Under fire, Europe works to bolster debt crisis fund
By Dina Kyriakidou and Dan Flynn
WASHINGTON (Reuters) - European policymakers began working on new ways to stop fallout from Greece's near-bankruptcy from inflicting more damage on the world economy after stinging criticism for failing to stem the debt crisis.
After a weekend of being told by the United States, China and other countries that they must get more aggressive in their crisis response, European officials focused on ways to beef up their existing 440 billion-euro rescue fund.
Deep differences remained over whether the European Central Bank should commit more of its massive resources to shoring up Europe's banks and help struggling euro zone member countries.
Shares and the euro fell in Asia on Monday as investors reacted cautiously to the weekend news.

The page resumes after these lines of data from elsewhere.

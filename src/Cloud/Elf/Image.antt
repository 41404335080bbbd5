-- ===== src/Cloud/Elf/Image.antt =====
-- The image holds the bytes of the segments at their addresses (components/cloud/src/elf.rs).
use holistic_framework_for_l.Base.{
  ℕ, zero, suc, ◌+◌, ◌-◌, ◌%◌, ◌<◌, ◌≡◌, refl, sym, ap, ◌∙◌, inl, inr, true, false, Bool-cases,
  Option, none, some, List, [], arith, length, get_elem?, All, All-map, ◌≢◌, Returns-both,
  Returns-Ends, Returns, Returns-bind, Returns-map, ◌==◌, leb,
}
use holistic_framework_for_l.Cloud.Elf.Filled.{
  byte_of, EndsBy, IsFilled, too_low, filled, fill-IsFilled,
}
use mathlib.Core.Path.{subst}
use holistic_framework_for_l.Cloud.Elf.Loaded.{
  IsWithin, AnyOf, byte_at, end_of, any_starts_below, IsFaulty, loaded, IsCollected,
  extract_all-IsCollected,
}
use holistic_framework_for_l.Crc.{repeated}
use holistic_framework_for_l.Cloud.Elf.{
  Segment, ElfFile, Extracted, extract_all, fill, image_of, extract_segments, extract_from_elf,
}
use holistic_framework_for_l.Cloud.Elf.Bytes.{
  AllEnd, extract_all-AllEnd, any_below-loaded, byte_of-loaded,
}

-- An image from an address on: whole words up to the end of all that is loaded, and at each address
-- the byte that the file has for it, or 0xff.
pub record IsImage (f : ElfFile) (segments : List Segment) (start : ℕ) (bin : List ℕ) : Type 0 where
  pub ends : start + length bin ≡ end_of f segments 0
  pub in_words : length bin % 4 ≡ 0
  pub none_below : any_starts_below f start segments ≡ false
  pub at : (i : ℕ) → i < length bin → get_elem? bin i ≡ byte_at f segments (start + i) (some 0xff)

-- Why there is no image.
pub data IsError (f : ElfFile) (segments : List Segment) (start : ℕ) : Type 0 where
  other_kind : f.is_elf32 ≡ false → IsError f segments start
  faulty : AnyOf (IsFaulty f) segments → IsError f segments start
  ends_early : end_of f segments 0 < start → IsError f segments start
  ragged : (end_of f segments 0 - start) % 4 ≢ 0 → IsError f segments start
  starts_early : any_starts_below f start segments ≡ true → IsError f segments start

abbrev pub IsImageOrError : ElfFile → List Segment → ℕ → Option (List ℕ) → Type 0
IsImageOrError f segments start none = IsError f segments start
IsImageOrError f segments start (some bin) = IsImage f segments start bin

length-repeated : (v n : ℕ) → length (repeated v n) ≡ n
length-repeated v zero = refl
length-repeated v (suc n) = omega (arith, length-repeated v n)

get_elem?-repeated : (v n i : ℕ) → i < n → get_elem? (repeated v n) i ≡ some v
get_elem?-repeated v zero i h = absurd (omega arith)
get_elem?-repeated v (suc n) zero h = refl
get_elem?-repeated v (suc n) (suc i) h = get_elem?-repeated v n i (omega arith)

image_of-IsImage :
    (f : ElfFile) (segments : List Segment) (start : ℕ) (o : Option Extracted)
    → All (IsWithin f) segments
    → IsCollected f segments ([], 0) o
    → AllEnd o
    → Returns (IsImageOrError f segments start) (image_of start o)
image_of-IsImage f segments start none w collected k = faulty collected
image_of-IsImage f segments start (some (xs, end)) w collected k =
    rw (loads, ends)
      (elim (Bool-cases (leb start (end_of f segments 0))) [
        | inr below ↦ rw below (ends_early (ground arith))
        | inl above ↦ rw above (elim (Bool-cases ((end_of f segments 0 - start) % 4 == 0)) [
          | inr uneven ↦ rw uneven (ragged (λ e. ground arith))
          | inl whole ↦ rw whole (
              Returns-map (IsFilled start (loaded f segments) blank)
                (IsImageOrError f segments start) (fill start (loaded f segments) blank)
                (made above whole)
                (fill-IsFilled start (loaded f segments) blank (
                  All-map (EndsBy (end_of f segments 0)) (EndsBy (start + length blank))
                    (λ x l. ground (arith, above, length-repeated 0xff size)) (loaded f segments)
                    (rw (loads, ends) at k))))
        ])
      ])
  where
    loads : xs ≡ loaded f segments
    loads = ap (λ (x : Extracted). x.0) collected

    ends : end ≡ end_of f segments 0
    ends = ap (λ (x : Extracted). x.1) collected

    size : ℕ
    size = end_of f segments 0 - start

    blank : List ℕ
    blank = repeated 0xff size

    made :
        leb start (end_of f segments 0) ≡ true
        → (size % 4 == 0) ≡ true
        → (r : Option (List ℕ)) → IsFilled start (loaded f segments) blank r
        → IsImageOrError f segments start r
    made above whole _ (too_low t) = starts_early (sym (any_below-loaded f start segments) ∙ t)
    made above whole _ (filled r t l at) =
        let none_below = sym (any_below-loaded f start segments) ∙ t in
        record {
          ends = ground (arith, above, l, length-repeated 0xff size);
          in_words = ground (arith, whole, l, length-repeated 0xff size);
          none_below = none_below;
          at = λ i h.
              at i
              ∙ ap (byte_of start (loaded f segments) i)
                  (get_elem?-repeated 0xff size i (omega (arith, l, length-repeated 0xff size)))
              ∙ byte_of-loaded f start segments i (some 0xff) w none_below;
        }

extract_segments-IsImage :
    (f : ElfFile) (segments : List Segment) (start : ℕ)
    → All (IsWithin f) segments
    → Returns (IsImageOrError f segments start) (extract_segments f start (some segments))
extract_segments-IsImage f segments start w =
    Returns-bind (λ o. AllEnd o × IsCollected f segments ([], 0) o)
      (IsImageOrError f segments start) (extract_all f segments ([], 0)) _
      (Returns-both AllEnd (IsCollected f segments ([], 0)) (extract_all f segments ([], 0))
        (extract_all-AllEnd f segments ([], 0) w tt)
        (Returns-Ends (IsCollected f segments ([], 0)) (extract_all f segments ([], 0))
          (extract_all-IsCollected f segments ([], 0) w)))
      (λ o (ends, collected). image_of-IsImage f segments start o w collected ends)

-- If the parser's segments lie within the file and end below 4 GB, the extraction does not panic. A
-- segment is loaded if it has data, is of the type `PT_LOAD` and contains a section. The image reaches
-- from its start to the end of all that is loaded, and at each address has the byte that the last loaded
-- segment there has in the file, or 0xff. There is no image only if the file is of another kind, a
-- segment or a section is faulty, or what is loaded ends or begins before the start or is not whole
-- words.
pub extract_from_elf-IsImage :
    (f : ElfFile) (segments : List Segment) (start : ℕ)
    → f.segments ≡ some segments
    → All (IsWithin f) segments
    → Returns (IsImageOrError f segments start) (extract_from_elf f start)
unfolding extract_from_elf
extract_from_elf-IsImage f segments start parsed w = elim (Bool-cases f.is_elf32) [
  | inr other ↦ simp (other) (other_kind other)
  | inl elf32 ↦ simp (elf32) (
      subst (λ o. Returns (IsImageOrError f segments start) (extract_segments f start o))
        (sym parsed) (extract_segments-IsImage f segments start w))
]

Financial markets have plunged in recent weeks on concerns about the ability of Europe to get a grip on the crisis.
Treasury chief Timothy Geithner, in unusually blunt comments, said the risks from Europe were enormous.
"The threat of cascading default, bank runs, and catastrophic risk must be taken off the table," he said in speech to the International Monetary Fund on Saturday.
Europe came under more pressure on Sunday when a top IMF official said the ECB was the only player big enough to "scare" financial markets, which have punished many euro zone members.
"The ECB is the only agent that can really scare the markets," Antonio Borges, the IMF's top official for Europe, told top economic policymakers from around the world.
However, Germany and many top officials within the ECB itself are wary about the central bank being drawn more deeply into supporting Greece and other debt-stricken states.
"It is not helpful that we have an avalanche of new proposals every week," ECB Governing Council member Ewald Nowotny said.
Markets fear that European banks could be dragged down by their exposure to Greece and other debt-strapped euro zone nations, and analysts say a bailout fund of around 2 trillion euros would be needed if the crisis spread to Italy and Spain.
A senior European official hinted that kind of firepower was being contemplated.
"We need to find a mechanism where we can turn one euro in the EFSF into five, but there is no decision on how we could do that yet," the official said.
Financial markets signaled some doubts that bolder steps would emerge soon given a lack of details from weekend comments and differences between euro zone leaders.
Ratings agency Standard & Poor's raised further doubts, suggesting that efforts to bolster the rescue fund would potentially trigger ratings downgrades in the euro zone region.
Asian shares trading outside Japan fell 2.3 percent to a 16-month low and the dollar index was up for the fourth session in a row.
"We believe this type of plan would be seen as a credible solution to the crisis," said Warren Hogan, chief economist at ANZ Bank in Sydney.
GREECE MEETS IMF IN BID FOR MORE CASH
Greece, the country at the epicenter of the crisis, is trying to secure its latest wad of cash from international lenders including the IMF next month to avoid a default.
Finance Minister Evangelos Venizelos, speaking to bankers in Washington, said Greece was determined to stay the course of its tough austerity plan to meet terms of its bailout package.
He complained the outside world did not understand the severity of the measures that Greece is taking by cutting pensions, salaries and public spending but he insisted the country will "make it" through the crisis.
In Athens, Greek riot police fired tear gas at anti-austerity protesters pelting them with bottles outside parliament in the first such unrest after a summer lull.
"Greece is not the scapegoat of the euro area or the international economy," Venizelos said.
But IMF and European negotiators are frustrated at what they say is Greece's slow reform pace.
The European Union and IMF have already bailed out Greece, Portugal and Ireland, and officials want to stop the crisis from spreading to Italy, Spain and possibly beyond.
ERECTING DEFENSES
The European Union's top economic official, Olli Rehn, said on Saturday that as soon as the region's governments confirm new powers for the bailout fund -- the European Financial Stability Facility -- attention would turn to how to get more impact from the existing money.
The new powers are expected to be ratified by mid-October. Germany's parliament votes this week on them.
Germany opposes contributing more money to help countries it sees as profligate and the focus has now turned to ways to leverage the existing bailout fund, possibly through the ECB.
One top ECB official said Europe might follow the lead of the United States, which rewrote its financial rule book to cope with the 2007-2009 credit crisis.
ECB executive board member Lorenzo Bini Smaghi said there could be a European equivalent of the U.S. TARP program, which helped shore up the shaky banking system, or the TALF, which provided some liquidity to parched U.S. credit markets.
"I think both scenarios can be followed.... I think that these two options could solve the problem," he said.
A former U.S. policymaker summed up the frustration voiced by many investors and commentators.
"In Europe, they've kind of turned this into a bad Monty Python skit, where, you know, the guy comes out and says, 'We need to act,' and the next one says, 'You're right, let's draft -- no more talking..., 'I second the motion. Let's start doing something,'" said Austan Goolsbee, formerly chief White House economic advisor.
"I mean, they're not actually doing anything. They just keep agreeing that they're going to work in concert."